(Collected data entries)
· · · · ·

-- ===== src/Escape.antt =====
-- src/user/unified_trace.c: json_escape. The source text is its bytes before the NUL; the result is
-- the text written before the NUL that the function adds, or `none` where it writes nothing.
pub mod Decode
pub mod Laws
use local_ai_perf_analysis.Prelude.{
  ℕ, Bool, not, take, ◌&&◌, ◌-◌, [], ◌∷◌, ◌++◌, ◌+◌, ◌||◌, Option, none, some, Bytes, ltb, leb,
  ◌==◌, if◌then◌else◌, length,
}
use local_ai_perf_analysis.Printf.{hex4, digit}

abbrev pub is_quoted : ℕ → Bool
is_quoted c = c == b'"' || c == b'\\'

-- The text for a byte.
unfoldable pub chunk : ℕ → Bytes
chunk c =
    if is_quoted c then b'\\' ∷ c ∷ [] else if ltb c 0x20 then b'\\' ∷ b'u' ∷ hex4 c else c ∷ []

-- What a round writes of it, with `room` bytes of the buffer left: snprintf cuts its text to leave one for the NUL.
unfoldable pub written : ℕ → ℕ → Bytes
written room c = if not (is_quoted c) && ltb c 0x20 then take (room - 1) (chunk c) else chunk c

-- The space that the round asks for behind what is written: the loop goes on only below the length.
unfoldable pub need : ℕ → ℕ
need c = if is_quoted c then 3 else if ltb c 0x20 then 7 else 2

-- The loop, with `di` bytes written; each round first tests `di + 2 < dst_len`. `di` grows by the length of the
-- whole text, also if it is cut.
unfoldable pub escape_from : ℕ → Bytes → ℕ → Bytes
unfolding written
escape_from dst_len [] di = []
escape_from dst_len (c ∷ src) di =
    let rest = escape_from dst_len src (di + length (chunk c)) in
    if leb dst_len (di + 2) || leb dst_len (di + need c)
    then []
    else written (dst_len - di) c ++ rest

unfoldable pub json_escape : ℕ → Bytes → Option Bytes
unfolding escape_from written chunk need digit
json_escape dst_len src = if dst_len == 0 then none else some (escape_from dst_len src 0)
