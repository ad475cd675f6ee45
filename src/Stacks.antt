-- ===== src/Stacks.antt =====
-- src/user/unified_trace.c: read_stack_addrs and emit_stack_json. The BPF stack map and the symbolizer
-- (src/symbolize, over the blazesym library) are parameters in the record `Tool`.
pub mod Read
pub mod Valid
use mathlib.Core.Option
use local_ai_perf_analysis.Prelude.{
  ℕ, zero, suc, ℤ, Bool, true, false, List, [], ◌∷◌, ◌++◌, ◌*◌, Option, none, some, Bytes, codes,
  ◌==◌, ◌||◌, not, if◌then◌else◌, length, take, null, nonneg,
}
use local_ai_perf_analysis.Events.{perf_max_stack_depth}
use local_ai_perf_analysis.Printf.{show_dec, show_hex}
use local_ai_perf_analysis.Escape.{json_escape}

-- struct bsw_frame
pub record BswFrame : Type 0 where
  pub addr : ℕ
  pub line : ℕ
  pub inlined : ℕ
  pub sym : Bytes
  pub file : Bytes
  pub lib : Bytes

-- BSW_STR_MAX * 2, the size of each buffer for escaped text.
abbrev pub esc_len : ℕ
esc_len = 1024

-- The globals of the tool and what lies outside: the entries of the stack map by id (`none` for a
-- failed lookup), the symbolizer (`none` for NULL) and whether calloc succeeds.
pub record Tool : Type 0 where
  pub stack_map_fd : ℤ
  pub stack_map : ℤ → Option (List ℕ)
  pub symbolize_enabled : Bool
  pub symbolizer : Option (ℕ → List ℕ → ℕ → List BswFrame)
  pub max_stack_frames_in_json : ℕ
  pub calloc_works : Bool

-- The loop: up to the first zero, at most `room` addresses.
unfoldable pub copy_addrs : ℕ → List ℕ → List ℕ
copy_addrs zero stack = []
copy_addrs (suc room) [] = []
copy_addrs (suc room) (a ∷ stack) =
    let rest = copy_addrs room stack in if a == 0 then [] else a ∷ rest

unfoldable pub read_stack_addrs : Tool → ℤ → ℕ → List ℕ
unfolding copy_addrs
read_stack_addrs t stack_id out_cap =
    if not (nonneg stack_id) || not (nonneg t.stack_map_fd)
    then []
    else elim (t.stack_map stack_id) [
      | none ↦ []
      | some stack ↦ copy_addrs out_cap (take perf_max_stack_depth stack)
    ]

-- `i ? "," : ""`
abbrev pub separator : Bool → Bytes
separator true = []
separator false = codes ","

unfoldable pub emit_addrs : Bool → List ℕ → Bytes
emit_addrs first [] = []
emit_addrs first (a ∷ addrs) =
    separator first
    ++ (codes "{\"addr\":\"0x" ++ (show_hex a ++ (codes "\"}" ++ emit_addrs false addrs)))

abbrev pub escape_field : Bytes → Bytes
escape_field l = Option.get_or (json_escape esc_len l) []

unfoldable pub emit_field : Bytes → Bytes → Bytes
emit_field label l = if null l then [] else label ++ (l ++ codes "\"")

unfoldable pub emit_frame : BswFrame → Bytes
unfolding emit_field
emit_frame fr =
    codes "{\"sym\":\""
    ++ (escape_field (if null fr.sym then codes "??" else fr.sym)
        ++ (codes "\""
            ++ (emit_field (codes ",\"file\":\"") (escape_field fr.file)
                ++ ((if fr.line == 0 then [] else codes ",\"line\":" ++ show_dec fr.line)
                    ++ (emit_field (codes ",\"lib\":\"") (escape_field fr.lib)
                        ++ ((if fr.inlined == 0 then [] else codes ",\"inlined\":1")
                            ++ codes "}"))))))

unfoldable pub emit_frames : Bool → List BswFrame → Bytes
emit_frames first [] = []
emit_frames first (fr ∷ frames) = separator first ++ (emit_frame fr ++ emit_frames false frames)

-- What is written once the addresses are read.
unfoldable pub emit_addr_stack : Tool → ℕ → List ℕ → Bytes
unfolding emit_addrs emit_frames emit_frame
emit_addr_stack t pid [] = codes "[]"
emit_addr_stack t pid (a ∷ addrs) =
    let shown = take t.max_stack_frames_in_json (a ∷ addrs) in
    let raw = codes "[" ++ (emit_addrs true shown ++ codes "]") in
    if t.symbolize_enabled
    then elim t.symbolizer [
      | none ↦ raw
      | some resolve ↦
          if t.calloc_works
          then codes "[" ++ (emit_frames true (resolve pid shown (length shown * 4)) ++ codes "]")
          else codes "[]"
    ]
    else raw

unfoldable pub emit_stack_json : Tool → ℤ → ℕ → Bytes
unfolding emit_addr_stack read_stack_addrs
emit_stack_json t stack_id pid =
    emit_addr_stack t pid (read_stack_addrs t stack_id perf_max_stack_depth)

· · · · ·

(Activity) Return from the data every line that holds "unfolding".

(Answer box)
unfolding written
unfolding escape_from written chunk need digit
unfolding copy_addrs
unfolding emit_field
unfolding emit_addrs emit_frames emit_frame
unfolding emit_addr_stack read_stack_addrs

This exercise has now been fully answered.